Closed cvjjm closed 2 years ago
Thanks @cvjjm for catching this! Actually, I wonder why our test added in https://github.com/PennyLaneAI/pennylane/pull/1291 didn't catch this.
@chaeyeunpark I'm guessing this was introduced in #2448?
That is indeed surprising that the test from #1291 doesn't fail. I must admit that I didn't have time to check this carefully. Just noticed that some of my code does no longer work with master and that commenting this line fixes things.
I went hunting for the test; since we recently removed old unused tape subclasses, it seems that this test was moved from test_jacobian_tape.py
to test_parameter_shift.py
:
Thanks @josh146 I didn't have time to look into this more but can report that differentiating such non standard observables is also broken in the current master:
File "/.../pennylane/pennylane/_grad.py", line 328, in _jacobian_function
jac = tuple(_jacobian(func, arg)(*args, **kwargs) for arg in _argnum)
File "/.../pennylane/pennylane/_grad.py", line 328, in <genexpr>
jac = tuple(_jacobian(func, arg)(*args, **kwargs) for arg in _argnum)
File "/.../autograd/autograd/wrap_util.py", line 20, in nary_f
return unary_operator(unary_f, x, *nary_op_args, **nary_op_kwargs)
File "/.../autograd/autograd/differential_operators.py", line 61, in jacobian
return np.reshape(np.stack(grads), jacobian_shape)
File "/.../autograd/autograd/numpy/numpy_wrapper.py", line 88, in stack
arrays = [array(arr) for arr in arrays]
File "/.../autograd/autograd/numpy/numpy_wrapper.py", line 88, in <listcomp>
arrays = [array(arr) for arr in arrays]
File "/.../autograd/autograd/core.py", line 14, in vjp
def vjp(g): return backward_pass(g, end_node)
File "/.../autograd/autograd/core.py", line 22, in backward_pass
for parent, ingrad in zip(node.parents, ingrads):
File "/.../autograd/autograd/core.py", line 49, in <genexpr>
return lambda g: (vjp(g) for vjp in vjps)
File "/.../autograd/autograd/builtins.py", line 82, in <lambda>
defvjp_argnum(make_sequence, lambda argnum, *args: lambda g: g[argnum - 1])
IndexError: list index out of range
Both were still working with v0.22.2
.
The root cause of this turned out to be something entirely different :-) The device with which I discovered the problem also provides a device gradient and this is what is broken now.

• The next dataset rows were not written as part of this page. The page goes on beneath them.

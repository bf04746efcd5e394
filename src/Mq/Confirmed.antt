-- ===== src/Mq/Confirmed.antt =====
-- What a publish that reports success has seen of the broker (src/utils/MqClient.cc).
use trade_reconcile_system.Base.{
  Bool, List, [], ap, arith, false, length, length-append, refl, sym, true, ℕ, ◌++◌, ◌+◌, ◌∙◌, ◌∷◌,
  ◌≡◌,
}
use trade_reconcile_system.Base.Bytes.{Bytes, codes}
use trade_reconcile_system.Mq.{
  AmqpCall, Broker, MqClient, Waited, ask, basic_ack_method, basic_publish, call_amqp, check,
  confirm_timeout_seconds, is_ack, method_frame, no_frame, other_frame, publish, send, wait_confirm,
  wait_frame, when_connected,
}

check-true :
    (ok : Bool) (s : MqClient) (rest : MqClient → Bool × MqClient) {u : MqClient}
    → check ok s rest ≡ (true, u)
    → (ok ≡ true) × (rest s ≡ (true, u))
unfolding check
check-true true s rest h = (refl, h)
check-true false s rest h = cc (ap (λ (r : Bool × MqClient). r.0) h)

ask-true :
    (c : AmqpCall) (reply : ℕ → Bool) (rest : MqClient → Bool × MqClient) (s : MqClient)
    {u : MqClient}
    → ask c reply rest s ≡ (true, u)
    → (reply (length s.calls) ≡ true) × (rest (call_amqp c s) ≡ (true, u))
unfolding ask
ask-true c reply rest s h = check-true (reply (length s.calls)) (call_amqp c s) rest h

-- The calls end with the publish of the message and the wait for its confirm, and what the broker
-- delivered then was the method Basic.Ack.
pub record IsConfirmed (broker : Broker) (exchange routing_key payload : Bytes) (u : MqClient)
    : Type 0 where
  pub before : List AmqpCall
  pub last_calls :
      u.calls
      ≡ (before ++ basic_publish exchange routing_key 2 (codes "application/json") payload ∷ [])
        ++ wait_frame confirm_timeout_seconds ∷ []
  pub sent_out : broker.published (length before) ≡ true
  pub acked : broker.frame (length before + 1) ≡ method_frame basic_ack_method

module _ (broker : Broker) where
  is_ack-true : (w : Waited) → is_ack broker w ≡ true → w ≡ method_frame basic_ack_method
  unfolding is_ack
  is_ack-true no_frame h = cc
  is_ack-true other_frame h = cc
  is_ack-true (method_frame id) h = ap method_frame (ground arith)

  wait_confirm-true :
      (s u : MqClient)
      → wait_confirm broker s ≡ (true, u)
      → (broker.frame (length s.calls) ≡ method_frame basic_ack_method)
        × (u ≡ call_amqp (wait_frame confirm_timeout_seconds) s)
  unfolding wait_confirm
  wait_confirm-true s u h =
      let (confirm, same) =
        ask-true (wait_frame confirm_timeout_seconds) (λ n. is_ack broker (broker.frame n))
          (λ v. (true, v)) s h in
      (is_ack-true _ confirm, sym (ap (λ (r : Bool × MqClient). r.1) same))

  send-IsConfirmed :
      (exchange routing_key payload : Bytes) (s u : MqClient)
      → send broker exchange routing_key payload s ≡ (true, u)
      → IsConfirmed broker exchange routing_key payload u
  unfolding send call_amqp
  send-IsConfirmed exchange routing_key payload s u h =
      let c = basic_publish exchange routing_key 2 (codes "application/json") payload in
      let (went, waits) = ask-true c broker.published (wait_confirm broker) s h in
      let (confirm, same) = wait_confirm-true (call_amqp c s) u waits in
      record {
        before = s.calls;
        last_calls = ap (λ (v : MqClient). v.calls) same;
        sent_out = went;
        acked = ap broker.frame (sym (length-append s.calls (c ∷ []))) ∙ confirm;
      }

  when_connected-true :
      (rest : MqClient → Bool × MqClient) (r : Bool × MqClient) {u : MqClient}
      → when_connected broker rest r ≡ (true, u)
      → (s : MqClient) × (rest s ≡ (true, u))
  unfolding when_connected
  when_connected-true rest (true, s) h = (s, h)
  when_connected-true rest (false, s) h = cc (ap (λ (r : Bool × MqClient). r.0) h)

  -- A publish that reports success has sent the message and received the broker's Basic.Ack for it as
  -- its last exchange with the broker.
  pub publish-IsConfirmed :
      (exchange routing_key payload : Bytes) (s u : MqClient)
      → publish broker exchange routing_key payload s ≡ (true, u)
      → IsConfirmed broker exchange routing_key payload u
  unfolding publish
  publish-IsConfirmed exchange routing_key payload s u h =
      let (v, sends) = when_connected-true (send broker exchange routing_key payload) _ h in
      send-IsConfirmed exchange routing_key payload v u sends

Surprisingly, just declaring that a device provides a gradient now makes it unusable, even for evaluating, say, paramerter shift gradients of QNodes as this minimal example shows (notice how I explicitely ask for diff_method='parameter-shift', mode="backward"
and indeed the device .jacobian()
is never called):
import pennylane as qml
from pennylane.devices import DefaultQubit
from pennylane import numpy as np
class MyQubit(DefaultQubit):
@classmethod
def capabilities(cls):
capabilities = super().capabilities().copy()
capabilities.update(
provides_jacobian=True, # with this commented out everything works
)
return capabilities
def jacobian(self, *args, **kwargs):
raise NotImplementedError()
dev = MyQubit(wires=2)
@qml.qnode(dev, diff_method='parameter-shift', mode="backward")
def qnode(params):
qml.RY(params[0], wires=[0])
return qml.expval(qml.PauliZ(0))
params = np.array([0.2])
print(qnode(params))
print(qml.jacobian(qnode)(params))
which results in:
0.9800665778412417
asefaefafeawef [0] <QNode: wires=2, device='default.qubit', interface='autograd', diff_method='parameter-shift'> (tensor([0.2], requires_grad=True),) {}
Traceback (most recent call last):
File "pl_test9.py", line 27, in <module>
print(qml.jacobian(qnode)(params))
File "/.../pennylane/pennylane/_grad.py", line 329, in _jacobian_function
jac = tuple(_jacobian(func, arg)(*args, **kwargs) for arg in _argnum)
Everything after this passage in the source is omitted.